Go through the listing and write out all of it exactly.

⟨

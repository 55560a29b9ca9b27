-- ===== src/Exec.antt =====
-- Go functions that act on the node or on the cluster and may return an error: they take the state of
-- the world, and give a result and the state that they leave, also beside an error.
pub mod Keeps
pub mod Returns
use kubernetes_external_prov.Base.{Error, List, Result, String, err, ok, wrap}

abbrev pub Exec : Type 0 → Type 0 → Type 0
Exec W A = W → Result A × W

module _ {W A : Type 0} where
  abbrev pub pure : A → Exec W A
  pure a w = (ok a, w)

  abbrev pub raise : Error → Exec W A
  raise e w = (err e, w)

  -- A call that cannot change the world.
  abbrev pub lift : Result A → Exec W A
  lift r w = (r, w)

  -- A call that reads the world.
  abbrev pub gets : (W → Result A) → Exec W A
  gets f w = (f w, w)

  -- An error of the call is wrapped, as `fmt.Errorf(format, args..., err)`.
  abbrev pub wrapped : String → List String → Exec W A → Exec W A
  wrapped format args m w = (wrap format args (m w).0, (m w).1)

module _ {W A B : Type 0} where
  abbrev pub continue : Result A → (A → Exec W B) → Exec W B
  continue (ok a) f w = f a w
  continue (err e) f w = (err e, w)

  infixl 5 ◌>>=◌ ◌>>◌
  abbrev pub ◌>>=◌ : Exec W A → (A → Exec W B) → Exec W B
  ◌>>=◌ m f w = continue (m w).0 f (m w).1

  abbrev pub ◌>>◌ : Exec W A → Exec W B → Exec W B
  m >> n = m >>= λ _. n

⟩

* ANSWER BOX
repository 55560a29b9ca9b27
-- ===== src/Exec.antt =====
-- Go functions that act on the node or on the cluster and may return an error: they take the state of
-- the world, and give a result and the state that they leave, also beside an error.
pub mod Keeps
pub mod Returns
use kubernetes_external_prov.Base.{Error, List, Result, String, err, ok, wrap}

abbrev pub Exec : Type 0 → Type 0 → Type 0
Exec W A = W → Result A × W

module _ {W A : Type 0} where
  abbrev pub pure : A → Exec W A
  pure a w = (ok a, w)

  abbrev pub raise : Error → Exec W A
  raise e w = (err e, w)

  -- A call that cannot change the world.
  abbrev pub lift : Result A → Exec W A
  lift r w = (r, w)

  -- A call that reads the world.
  abbrev pub gets : (W → Result A) → Exec W A
  gets f w = (f w, w)

  -- An error of the call is wrapped, as `fmt.Errorf(format, args..., err)`.
  abbrev pub wrapped : String → List String → Exec W A → Exec W A
  wrapped format args m w = (wrap format args (m w).0, (m w).1)

module _ {W A B : Type 0} where
  abbrev pub continue : Result A → (A → Exec W B) → Exec W B
  continue (ok a) f w = f a w
  continue (err e) f w = (err e, w)

  infixl 5 ◌>>=◌ ◌>>◌
  abbrev pub ◌>>=◌ : Exec W A → (A → Exec W B) → Exec W B
  ◌>>=◌ m f w = continue (m w).0 f (m w).1

  abbrev pub ◌>>◌ : Exec W A → Exec W B → Exec W B
  m >> n = m >>= λ _. n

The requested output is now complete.